山川和弘（理化学研究所・脳科学総合研究センター・神経遺伝研究チーム）

　複数種のてんかんにおいて複数の電位依存性ナトリウムチャネルサブユニット遺伝子（SCN1A, SCN2A, SCN1Bなど）の変異の報告がある。a1サブユニット（Nav1.1）をコードするSCN1A遺伝子の変異は，重篤度が大きく異なる複数種のてんかんで報告されており，常染色体優性遺伝形式を示す熱性痙攣プラス（GEFS+）では約10%，未だ有効な治療法の無い難治で重篤な知能障害を伴う重症乳児ミオクロニーてんかん（SMEI）では実に約80%の患者で変異が見られる。GEFS+変異は全てがへテロミスセンス変異であり，その多くが父母からの遺伝である。SMEI変異は約3分の2がナンセンスやフレームシフトなどの分断変異であり約3分の1がミスセンス変異である。更に，SMEIが散発性であることと一致して，ほとんどがde novo変異である。これら変異について我々を含め多くの研究室がパッチクランプ法によるチャネル機能に与える影響を検討しているが，一致した見解には至っていない。一方で我々は2007年，SMEIのナンセンス変異を導入したSCN1A遺伝子ノックインマウスを作成し，出生後当初は正常に育つが，ホモ接合体（−/−）は出生10～12日頃から運動失調と瀕回のてんかん発作を起こし始めて15日頃までにすべてが死亡すること，ヘテロ（＋/−）も一部が出生後18日頃からてんかん発作を起こし始め，生後1～3ヶ月で一部が死亡することなどを報告した。これらマウスでは分断されたNav1.1蛋白は発現しておらず，SMEIモデルとなるヘテロ接合体ではハプロ不全が発症の原因と考えられた。更に重要な発見として我々は，Nav1.1が，大脳皮質，海馬などのパルブアルブミン（PV）陽性抑制性神経細胞の軸索/細胞体に強く発現すること，他の抑制性細胞や興奮性神経細胞には発現がほとんど見られない事などを見いだした。これは，それまでの他のグループからの報告（Nav1.1の興奮性および抑制性神経細胞両者の樹上突起および細胞体での発現）を覆す知見であり，PV陽性抑制性神経細胞の機能不全がSMEIなどSCN1A変異によるてんかんの発症の背景にある事を示す。これらは有効な治療法を開発する上でも重要な知見である。a2サブユニット（Nav1.2）をコードするSCN2A遺伝子では，我々のグループが最初にてんかん患者（GEFS+亜型）でチャネル機能変化をもたらすミスセンス変異を報告し，その後に別のグループが，より軽症の良性家族性新生児乳児けいれん（BFNIS）で複数のミスセンス変異を報告した。更に我々は複数の小児重症てんかん患者で，SCN2Aのde novoナンセンスおよびミスセンス変異を見いだしている。SCN2Aでも大きく異なる重篤度を示す複数種のてんかんで変異が見られる点はSCN1A変異を示すてんかんと類似するが，Nav1.1とNav1.2の脳内における分布と発現する細胞種は大きく異なると考えられることから，それぞれの発症メカニズムも異なることが予想される。SCN1A，SCN2Aに加え，SCN1BやSCN3Aにもてんかん患者における変異が見いだされ，SCN8Aとてんかんとの関わりも取り沙汰されている。有効な治療法の開発にはそれぞれの遺伝子の変異によるてんかんの，細胞レベルでの詳細な発症機序の理解が求められよう。
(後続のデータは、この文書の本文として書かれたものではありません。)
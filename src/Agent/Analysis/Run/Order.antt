-- ===== src/Agent/Analysis/Run/Order.antt =====
-- The order in which the results of the five queries arrive
-- (llm-ops-agent/internal/analysis/service.go, collectEvidence and Run).
use mathlib.Core.List.{Permᴰ}
use mathlib.Core.List.Permᴰ
use mathlib.Core.Path.{subst}
use x_scope_hub_svc_plus.Prelude.{
  ℕ, suc, ◌≡◌, refl, ap, ◌∙◌, true, false, Option, none, some, List, [], ◌∷◌, ◌++◌, length,
  is_empty, arith, Bool-cases, ◌⊎◌, inl, inr,
}
use x_scope_hub_svc_plus.Prelude.Text.{Text, codes}
use x_scope_hub_svc_plus.Agent.Analysis.{
  Request, Response, Evidence, EvidenceSet, HealthSummary, ReasonerInput, Diagnosis,
}
use x_scope_hub_svc_plus.Agent.Analysis.Health.{summarize_health, heuristic_diagnosis}
use x_scope_hub_svc_plus.Agent.Analysis.Normalize.{normalize_request, is_blank}
use x_scope_hub_svc_plus.Agent.Analysis.Gateway.{Outcome, got, failed, HttpPost, Sent}
use x_scope_hub_svc_plus.Agent.Analysis.Collect.{
  Source, Arrival, Collected, settled, with_error, put, collect, query_template, collect_evidence,
  nothing,
}
use x_scope_hub_svc_plus.Agent.Analysis.Run.{Service, verdict, diagnose, answer, respond, run}

put-put :
    (e : Source → Evidence) (a b : Source) (es : EvidenceSet)
    → put b (e b) (put a (e a) es) ≡ put a (e a) (put b (e b) es)
unfolding put
put-put e a b es = ground arith

length-Perm : {A : Type 0} {l m : List A} → Permᴰ l m → length l ≡ length m
length-Perm Permᴰ.nil = refl
length-Perm (Permᴰ.cons e d) = ap suc (length-Perm d)
length-Perm (Permᴰ.swap e f) = refl
length-Perm (Permᴰ.trans d e) = length-Perm d ∙ length-Perm e

with_error-Perm :
    (s : Source) (o : Option Text) (l m : List Text)
    → Permᴰ l m
    → Permᴰ (with_error s o l) (with_error s o m)
unfolding with_error
with_error-Perm s none l m p = p
with_error-Perm s (some e) l m p = Permᴰ.append_right _ p

last_two :
    {A : Type 0} (x y : A) (l : List A) → Permᴰ ((l ++ x ∷ []) ++ y ∷ []) ((l ++ y ∷ []) ++ x ∷ [])
last_two x y [] = Permᴰ.swap refl refl
last_two x y (z ∷ l) = Permᴰ.cons refl (last_two x y l)

with_error-swap :
    (s t : Source) (o p : Option Text) (l : List Text)
    → Permᴰ (with_error t p (with_error s o l)) (with_error s o (with_error t p l))
unfolding with_error
with_error-swap s t none none l = Permᴰ.refl l
with_error-swap s t none (some e) l = Permᴰ.refl _
with_error-swap s t (some e) none l = Permᴰ.refl _
with_error-swap s t (some e) (some f) l = last_two _ _ l

-- The same evidence, and the same errors in some order.
pub record IsSame (c d : Collected) : Type 0 where
  pub evidence : c.evidence ≡ d.evidence
  pub errs : Permᴰ c.errs d.errs

module _ (arrive : Source → Arrival) where
  -- One turn of the loop.
  abbrev next : Source → Collected → Collected
  next s c = record {
    evidence = put s (settled (arrive s)) c.evidence;
    errs = with_error s (arrive s).err c.errs;
  }

  next-IsSame : (s : Source) (c d : Collected) → IsSame c d → IsSame (next s c) (next s d)
  next-IsSame s c d h = record {
    evidence = ap (put s (settled (arrive s))) h.evidence;
    errs = with_error-Perm s (arrive s).err _ _ h.errs;
  }

  IsSame-trans : (c d e : Collected) → IsSame c d → IsSame d e → IsSame c e
  IsSame-trans c d e h k = record {
    evidence = h.evidence ∙ k.evidence;
    errs = Permᴰ.trans h.errs k.errs;
  }

  IsSame-refl : (c : Collected) → IsSame c c
  IsSame-refl c = record { evidence = refl; errs = Permᴰ.refl c.errs }

  next-next : (s t : Source) (c : Collected) → IsSame (next t (next s c)) (next s (next t c))
  next-next s t c = record {
    evidence = put-put (λ x. settled (arrive x)) s t c.evidence;
    errs = with_error-swap s t _ _ c.errs;
  }

  collect-start :
      (order : List Source) (c d : Collected)
      → IsSame c d
      → IsSame (collect arrive order c) (collect arrive order d)
  unfolding collect
  collect-start [] c d h = h
  collect-start (s ∷ order) c d h = collect-start order _ _ (next-IsSame s c d h)

  pub collect-IsSame :
      (order other : List Source) (c : Collected)
      → Permᴰ order other
      → IsSame (collect arrive order c) (collect arrive other c)
  unfolding collect
  collect-IsSame order other c Permᴰ.nil = IsSame-refl c
  collect-IsSame (s ∷ order) (t ∷ other) c (Permᴰ.cons e p) =
      subst (λ u. IsSame (collect arrive order (next s c)) (collect arrive other (next u c))) e
        (collect-IsSame order other (next s c) p)
  collect-IsSame (s ∷ t ∷ rest) (t' ∷ s' ∷ other) c (Permᴰ.swap e f) =
      subst
        (λ u.
          IsSame (collect arrive rest (next t (next s c)))
            (collect arrive rest (next u (next t' c))))
        e
        (subst
          (λ u.
            IsSame (collect arrive rest (next t (next s c)))
              (collect arrive rest (next s (next u c))))
          f (collect-start rest _ _ (next-next s t c)))
  collect-IsSame order other c (Permᴰ.trans {l₂ = middle} p q) =
      IsSame-trans _ _ _ (collect-IsSame order middle c p) (collect-IsSame middle other c q)

-- Two answers that differ in the order of their errors only.
pub record IsAlike {Float : Type 0} (r q : Response Float) : Type 0 where
  pub goal : r.goal ≡ q.goal
  pub tenant : r.tenant ≡ q.tenant
  pub service : r.service ≡ q.service
  pub time_window : r.time_window ≡ q.time_window
  pub health : r.health ≡ q.health
  pub evidence : r.evidence ≡ q.evidence
  pub diagnosis : r.diagnosis ≡ q.diagnosis
  pub status : r.meta.reasoner_status ≡ q.meta.reasoner_status
  pub errors : Permᴰ r.meta.errors q.meta.errors

module _ {Float : Type 0} (s : Service Float) where
  is_empty-length : {A : Type 0} (l m : List A) → length l ≡ length m → is_empty l ≡ is_empty m
  is_empty-length [] [] h = refl
  is_empty-length [] (x ∷ m) h = absurd (ground arith)
  is_empty-length (x ∷ l) [] h = absurd (ground arith)
  is_empty-length (x ∷ l) (y ∷ m) h = refl

  summarize_health-length :
      (es : EvidenceSet) (l m : List Text)
      → length l ≡ length m
      → summarize_health es l ≡ summarize_health es m
  unfolding summarize_health
  summarize_health-length es l m h = rw h

  heuristic_diagnosis-length :
      (req : Request) (health : HealthSummary) (es : EvidenceSet) (l m : List Text)
      → length l ≡ length m
      → heuristic_diagnosis s.confidence req health es l
        ≡ heuristic_diagnosis s.confidence req health es m
  unfolding heuristic_diagnosis
  heuristic_diagnosis-length req health es l m h = rw (is_empty-length l m h)

  verdict-alike :
      (answer : Option (Outcome (Diagnosis Float))) (d e : Diagnosis Float) (l m : List Text)
      → d ≡ e
      → Permᴰ l m
      → ((verdict answer d l).diagnosis ≡ (verdict answer e m).diagnosis)
        × ((verdict answer d l).status ≡ (verdict answer e m).status)
        × Permᴰ (verdict answer d l).errs (verdict answer e m).errs
  unfolding verdict
  verdict-alike none d e l m h p = (h, refl, p)
  verdict-alike (some (got f)) d e l m h p = (refl, refl, p)
  verdict-alike (some (failed f)) d e l m h p = (h, refl, Permᴰ.append_right _ p)

  diagnose-alike :
      (input : ReasonerInput) (l m : List Text)
      → Permᴰ l m
      → ((diagnose s input l).diagnosis ≡ (diagnose s input m).diagnosis)
        × ((diagnose s input l).status ≡ (diagnose s input m).status)
        × Permᴰ (diagnose s input l).errs (diagnose s input m).errs
  unfolding diagnose
  diagnose-alike input l m p =
      verdict-alike _ _ _ l m
        (heuristic_diagnosis-length input.request input.health input.evidence l m (length-Perm p)) p

  answer-IsAlike :
      (input : ReasonerInput) (l m : List Text)
      → Permᴰ l m
      → IsAlike (answer s input l) (answer s input m)
  unfolding answer
  answer-IsAlike input l m p =
      let (diagnoses, statuses, errors) = diagnose-alike input l m p in
      record {
        goal = refl;
        tenant = refl;
        service = refl;
        time_window = refl;
        health = refl;
        evidence = refl;
        diagnosis = diagnoses;
        status = statuses;
        errors = errors;
      }

  respond-IsAlike :
      (req : Request) (c d : Collected) → IsSame c d → IsAlike (respond s req c) (respond s req d)
  unfolding respond
  respond-IsAlike req c d h =
      let input : HealthSummary → EvidenceSet → ReasonerInput =
        λ health es. record { request = req; health = health; evidence = es } in
      subst
        (λ es. IsAlike (respond s req c) (answer s (input (summarize_health es d.errs) es) d.errs))
        h.evidence
        (subst (λ health. IsAlike (respond s req c) (answer s (input health c.evidence) d.errs))
          (summarize_health-length c.evidence c.errs d.errs (length-Perm h.errs))
          (answer-IsAlike (input (summarize_health c.evidence c.errs) c.evidence) c.errs d.errs
            h.errs))

  run-unnamed :
      (now : ℕ) (send : HttpPost → Sent) (order : List Source) (request : Request)
      → is_blank (normalize_request s.clock s.defaults now request).service ≡ true
      → run s now send order request ≡ failed (codes "service is required")
  unfolding run
  run-unnamed now send order request h = rw h

  run-named :
      (now : ℕ) (send : HttpPost → Sent) (order : List Source) (request : Request)
      → is_blank (normalize_request s.clock s.defaults now request).service ≡ false
      → run s now send order request
        ≡ got (
            respond s (normalize_request s.clock s.defaults now request) (
              collect_evidence s.wire send s.gateway
                (normalize_request s.clock s.defaults now request)
                order))
  unfolding run
  run-named now send order request h = rw h

  -- The order in which the five results arrive changes nothing but the order of the errors: for two
  -- orders of the same sources a run fails with the same error, or gives the same goal, tenant,
  -- service, times, health, evidence, diagnosis and status, and the same errors in some order.
  pub run-order :
      (now : ℕ) (send : HttpPost → Sent) (order other : List Source) (request : Request)
      → Permᴰ order other
      → ((e : Text) × (run s now send order request ≡ failed e)
          × (run s now send other request ≡ failed e))
        ⊎ ((r : Response Float) × (q : Response Float) × (run s now send order request ≡ got r)
            × (run s now send other request ≡ got q)
            × IsAlike r q)
  unfolding collect_evidence
  run-order now send order other request p =
      let req = normalize_request s.clock s.defaults now request in
      elim (Bool-cases (is_blank req.service)) [
        | inl blank ↦
            inl (
              _,
              run-unnamed now send order request blank,
              run-unnamed now send other request blank,
            )
        | inr named ↦ inr (
          _,
          _,
          run-named now send order request named,
          run-named now send other request named,
          respond-IsAlike req _ _
              (collect-IsSame (query_template s.wire send s.gateway req) order other nothing p),
        )
      ]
（10）　神経栄養因子BDNFの機能未知ドメインが行う脳機能調節

小島正己（産業技術総合研究所セルエンジニアリング研究部門
バイオインターフェース研究グループ）

　BDNF（Brain-derived neurotrophic factor）はNGF（Nerve growth factor）と配列相同性の高い神経成長因子であり，近年までに発見されたNT-3（Neurotrophin-3）NT-4/5（Neurotrophin-4/5）を含めてニューロトロフィン（NTs: Neurotrophins）ファミリーを形成している。一方，これらリガンドの受容体も，受容体型チロシンキナーゼTrkファミリーを形成し，BDNFの高親和受容体はTrkBである。NT/Trkシグナリングは神経細胞の成長，生存，シナプス伝達を促進/調節し，リガンドおよび受容体のノックアウトマウスの解析から各分子の生理的役割も理解されてきた。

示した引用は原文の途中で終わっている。